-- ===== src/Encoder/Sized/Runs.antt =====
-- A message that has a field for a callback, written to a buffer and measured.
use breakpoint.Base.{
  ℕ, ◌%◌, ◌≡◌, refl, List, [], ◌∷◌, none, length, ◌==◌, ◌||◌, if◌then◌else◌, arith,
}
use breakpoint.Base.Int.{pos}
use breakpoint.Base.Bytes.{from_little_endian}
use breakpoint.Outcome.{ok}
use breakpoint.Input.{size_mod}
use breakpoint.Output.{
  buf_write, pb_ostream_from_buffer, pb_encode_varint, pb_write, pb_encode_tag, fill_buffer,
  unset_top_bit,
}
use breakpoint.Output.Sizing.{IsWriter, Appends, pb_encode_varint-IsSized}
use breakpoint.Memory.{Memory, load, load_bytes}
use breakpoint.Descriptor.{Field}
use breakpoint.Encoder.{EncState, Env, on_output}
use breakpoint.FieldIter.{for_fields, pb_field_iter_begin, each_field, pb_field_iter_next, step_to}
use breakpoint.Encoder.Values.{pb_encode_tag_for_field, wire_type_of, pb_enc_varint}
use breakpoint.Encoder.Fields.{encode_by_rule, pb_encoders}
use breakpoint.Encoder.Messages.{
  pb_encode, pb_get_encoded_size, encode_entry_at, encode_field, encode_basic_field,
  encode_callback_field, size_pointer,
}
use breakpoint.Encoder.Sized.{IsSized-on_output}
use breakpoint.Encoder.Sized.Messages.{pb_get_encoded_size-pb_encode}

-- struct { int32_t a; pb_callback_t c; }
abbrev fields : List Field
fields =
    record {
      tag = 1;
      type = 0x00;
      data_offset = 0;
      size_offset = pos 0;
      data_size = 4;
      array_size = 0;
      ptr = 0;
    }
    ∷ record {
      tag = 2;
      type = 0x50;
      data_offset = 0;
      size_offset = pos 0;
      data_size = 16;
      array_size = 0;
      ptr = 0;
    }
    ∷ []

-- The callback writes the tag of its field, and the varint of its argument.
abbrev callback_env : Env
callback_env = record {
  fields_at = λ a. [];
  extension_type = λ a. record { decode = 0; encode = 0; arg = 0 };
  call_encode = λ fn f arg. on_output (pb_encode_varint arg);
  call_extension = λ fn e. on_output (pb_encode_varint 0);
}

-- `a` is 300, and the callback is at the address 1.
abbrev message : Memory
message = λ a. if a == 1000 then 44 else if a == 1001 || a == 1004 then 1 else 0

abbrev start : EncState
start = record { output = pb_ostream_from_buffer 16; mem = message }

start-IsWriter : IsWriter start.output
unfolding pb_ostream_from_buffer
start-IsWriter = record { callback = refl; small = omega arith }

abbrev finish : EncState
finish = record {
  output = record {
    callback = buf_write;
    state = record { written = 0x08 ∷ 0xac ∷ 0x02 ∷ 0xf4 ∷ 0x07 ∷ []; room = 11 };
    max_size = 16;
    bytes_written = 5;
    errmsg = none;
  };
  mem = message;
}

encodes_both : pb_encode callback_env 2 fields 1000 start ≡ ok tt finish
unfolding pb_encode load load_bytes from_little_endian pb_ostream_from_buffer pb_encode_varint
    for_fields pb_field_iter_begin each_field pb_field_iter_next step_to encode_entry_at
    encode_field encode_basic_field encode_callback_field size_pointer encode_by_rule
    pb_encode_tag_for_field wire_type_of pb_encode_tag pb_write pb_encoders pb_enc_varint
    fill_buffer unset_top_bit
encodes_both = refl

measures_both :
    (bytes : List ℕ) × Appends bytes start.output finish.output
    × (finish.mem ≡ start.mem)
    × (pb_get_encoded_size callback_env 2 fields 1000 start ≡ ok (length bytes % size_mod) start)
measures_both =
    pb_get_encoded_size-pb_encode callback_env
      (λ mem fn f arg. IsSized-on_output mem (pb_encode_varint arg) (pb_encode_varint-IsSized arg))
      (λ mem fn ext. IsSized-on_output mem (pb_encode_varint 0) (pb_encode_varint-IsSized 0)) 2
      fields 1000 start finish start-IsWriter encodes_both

==

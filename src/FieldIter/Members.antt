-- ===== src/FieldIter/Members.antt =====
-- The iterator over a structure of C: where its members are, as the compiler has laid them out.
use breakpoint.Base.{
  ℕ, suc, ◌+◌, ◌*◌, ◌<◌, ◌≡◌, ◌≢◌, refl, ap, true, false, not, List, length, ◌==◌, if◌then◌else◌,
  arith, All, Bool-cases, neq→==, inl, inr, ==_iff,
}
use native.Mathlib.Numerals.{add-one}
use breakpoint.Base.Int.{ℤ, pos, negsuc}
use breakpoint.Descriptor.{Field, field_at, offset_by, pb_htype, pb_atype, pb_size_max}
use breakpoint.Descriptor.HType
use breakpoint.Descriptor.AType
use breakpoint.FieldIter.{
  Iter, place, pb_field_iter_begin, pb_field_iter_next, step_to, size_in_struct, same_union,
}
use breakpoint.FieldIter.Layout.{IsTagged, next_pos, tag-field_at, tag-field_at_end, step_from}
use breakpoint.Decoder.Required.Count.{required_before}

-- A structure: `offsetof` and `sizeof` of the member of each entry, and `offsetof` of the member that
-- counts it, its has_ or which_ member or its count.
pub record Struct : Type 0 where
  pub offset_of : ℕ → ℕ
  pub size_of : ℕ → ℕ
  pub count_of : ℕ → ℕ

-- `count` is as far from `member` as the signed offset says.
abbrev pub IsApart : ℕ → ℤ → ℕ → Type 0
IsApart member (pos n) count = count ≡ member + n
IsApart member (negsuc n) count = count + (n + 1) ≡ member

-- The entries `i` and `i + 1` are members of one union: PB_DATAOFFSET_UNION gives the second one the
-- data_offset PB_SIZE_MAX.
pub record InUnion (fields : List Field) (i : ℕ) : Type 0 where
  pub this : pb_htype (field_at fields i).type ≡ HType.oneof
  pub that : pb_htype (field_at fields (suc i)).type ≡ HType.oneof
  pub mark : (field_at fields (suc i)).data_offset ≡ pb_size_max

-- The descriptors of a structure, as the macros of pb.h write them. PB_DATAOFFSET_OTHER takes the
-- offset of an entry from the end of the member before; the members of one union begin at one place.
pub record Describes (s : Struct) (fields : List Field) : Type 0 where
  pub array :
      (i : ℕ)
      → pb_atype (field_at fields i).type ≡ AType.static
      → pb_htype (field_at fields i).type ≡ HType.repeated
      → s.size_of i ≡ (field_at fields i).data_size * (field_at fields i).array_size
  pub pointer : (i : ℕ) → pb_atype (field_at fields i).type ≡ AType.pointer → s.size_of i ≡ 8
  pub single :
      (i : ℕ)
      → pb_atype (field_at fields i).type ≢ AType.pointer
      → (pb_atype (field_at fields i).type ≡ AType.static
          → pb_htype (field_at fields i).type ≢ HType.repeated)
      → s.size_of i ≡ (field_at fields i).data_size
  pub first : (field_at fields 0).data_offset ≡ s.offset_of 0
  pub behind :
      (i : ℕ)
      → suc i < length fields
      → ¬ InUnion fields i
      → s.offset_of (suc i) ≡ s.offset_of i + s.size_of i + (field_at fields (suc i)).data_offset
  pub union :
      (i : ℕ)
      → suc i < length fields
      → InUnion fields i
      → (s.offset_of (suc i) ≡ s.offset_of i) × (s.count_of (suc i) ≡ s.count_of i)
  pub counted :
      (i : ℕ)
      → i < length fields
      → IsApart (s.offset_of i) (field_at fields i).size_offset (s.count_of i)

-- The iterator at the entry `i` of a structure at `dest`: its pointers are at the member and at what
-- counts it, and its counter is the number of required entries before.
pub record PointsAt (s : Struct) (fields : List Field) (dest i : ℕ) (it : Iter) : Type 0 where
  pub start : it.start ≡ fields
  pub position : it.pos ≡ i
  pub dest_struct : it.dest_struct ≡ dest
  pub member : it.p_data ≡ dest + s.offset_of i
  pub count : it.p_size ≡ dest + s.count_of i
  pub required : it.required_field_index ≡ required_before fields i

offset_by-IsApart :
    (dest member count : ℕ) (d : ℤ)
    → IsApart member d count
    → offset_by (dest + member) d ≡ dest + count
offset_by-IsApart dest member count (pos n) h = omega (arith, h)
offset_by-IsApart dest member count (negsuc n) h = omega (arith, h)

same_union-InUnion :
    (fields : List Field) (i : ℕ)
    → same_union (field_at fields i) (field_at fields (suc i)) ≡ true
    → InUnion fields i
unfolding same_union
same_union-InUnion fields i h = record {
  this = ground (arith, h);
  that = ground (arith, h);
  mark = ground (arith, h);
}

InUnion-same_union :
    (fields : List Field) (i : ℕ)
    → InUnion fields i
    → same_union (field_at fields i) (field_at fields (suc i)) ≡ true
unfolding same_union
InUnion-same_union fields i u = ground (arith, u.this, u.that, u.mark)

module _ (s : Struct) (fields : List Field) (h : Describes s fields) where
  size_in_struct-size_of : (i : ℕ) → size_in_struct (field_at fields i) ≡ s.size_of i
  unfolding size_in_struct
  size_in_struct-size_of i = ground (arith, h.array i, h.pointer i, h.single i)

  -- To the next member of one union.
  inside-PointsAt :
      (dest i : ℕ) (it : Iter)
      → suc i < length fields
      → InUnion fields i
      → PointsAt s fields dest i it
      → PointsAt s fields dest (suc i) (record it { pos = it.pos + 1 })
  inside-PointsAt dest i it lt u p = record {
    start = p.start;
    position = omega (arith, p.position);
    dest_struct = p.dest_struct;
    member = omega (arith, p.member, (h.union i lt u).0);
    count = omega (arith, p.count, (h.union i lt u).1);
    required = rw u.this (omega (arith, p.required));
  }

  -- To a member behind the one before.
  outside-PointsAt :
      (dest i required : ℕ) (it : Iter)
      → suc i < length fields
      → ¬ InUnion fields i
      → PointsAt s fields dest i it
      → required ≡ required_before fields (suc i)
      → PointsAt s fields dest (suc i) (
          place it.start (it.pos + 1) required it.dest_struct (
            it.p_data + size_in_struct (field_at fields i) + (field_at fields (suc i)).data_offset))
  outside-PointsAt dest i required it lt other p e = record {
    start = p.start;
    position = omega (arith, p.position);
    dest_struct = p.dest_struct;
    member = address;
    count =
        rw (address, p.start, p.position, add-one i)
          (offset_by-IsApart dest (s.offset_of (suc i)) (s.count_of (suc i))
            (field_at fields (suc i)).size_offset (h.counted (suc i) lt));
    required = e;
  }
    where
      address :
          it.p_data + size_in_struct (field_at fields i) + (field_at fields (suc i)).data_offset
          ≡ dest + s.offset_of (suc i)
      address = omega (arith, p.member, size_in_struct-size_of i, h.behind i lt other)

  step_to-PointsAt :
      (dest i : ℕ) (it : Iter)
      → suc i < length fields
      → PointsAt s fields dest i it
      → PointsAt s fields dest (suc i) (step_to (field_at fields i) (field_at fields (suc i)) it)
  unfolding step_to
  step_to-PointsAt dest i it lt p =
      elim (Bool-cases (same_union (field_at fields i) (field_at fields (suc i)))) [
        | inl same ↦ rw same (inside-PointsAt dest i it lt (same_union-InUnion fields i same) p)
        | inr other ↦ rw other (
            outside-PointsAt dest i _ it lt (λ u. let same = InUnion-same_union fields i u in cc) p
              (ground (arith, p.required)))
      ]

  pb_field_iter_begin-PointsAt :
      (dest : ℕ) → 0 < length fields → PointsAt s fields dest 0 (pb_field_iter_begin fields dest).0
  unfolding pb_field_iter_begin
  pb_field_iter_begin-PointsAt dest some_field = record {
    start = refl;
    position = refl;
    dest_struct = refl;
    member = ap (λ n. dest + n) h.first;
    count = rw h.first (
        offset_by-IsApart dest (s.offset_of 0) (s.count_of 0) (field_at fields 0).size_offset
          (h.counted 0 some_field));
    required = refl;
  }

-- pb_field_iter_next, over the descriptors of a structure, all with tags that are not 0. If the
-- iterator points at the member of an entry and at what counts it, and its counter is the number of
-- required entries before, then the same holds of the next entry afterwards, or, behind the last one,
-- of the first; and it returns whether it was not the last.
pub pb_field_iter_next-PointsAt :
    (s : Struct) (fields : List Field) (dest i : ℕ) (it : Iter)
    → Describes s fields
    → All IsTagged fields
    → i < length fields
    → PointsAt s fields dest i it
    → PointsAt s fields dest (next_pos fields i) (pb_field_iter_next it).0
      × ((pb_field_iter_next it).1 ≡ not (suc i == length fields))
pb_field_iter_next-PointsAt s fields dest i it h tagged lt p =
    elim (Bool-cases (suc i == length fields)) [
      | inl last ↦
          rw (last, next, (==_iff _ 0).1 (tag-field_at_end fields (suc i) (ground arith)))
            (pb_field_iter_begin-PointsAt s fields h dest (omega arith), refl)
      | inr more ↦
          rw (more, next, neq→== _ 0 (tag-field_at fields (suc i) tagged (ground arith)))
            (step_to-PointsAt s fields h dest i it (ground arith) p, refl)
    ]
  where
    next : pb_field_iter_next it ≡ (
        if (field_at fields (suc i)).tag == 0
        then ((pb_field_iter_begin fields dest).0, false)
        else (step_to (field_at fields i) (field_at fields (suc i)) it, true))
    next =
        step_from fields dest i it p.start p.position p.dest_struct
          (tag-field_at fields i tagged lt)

Exercise. For the records above, state how many lines contain "load", and nothing more.

Task response. 2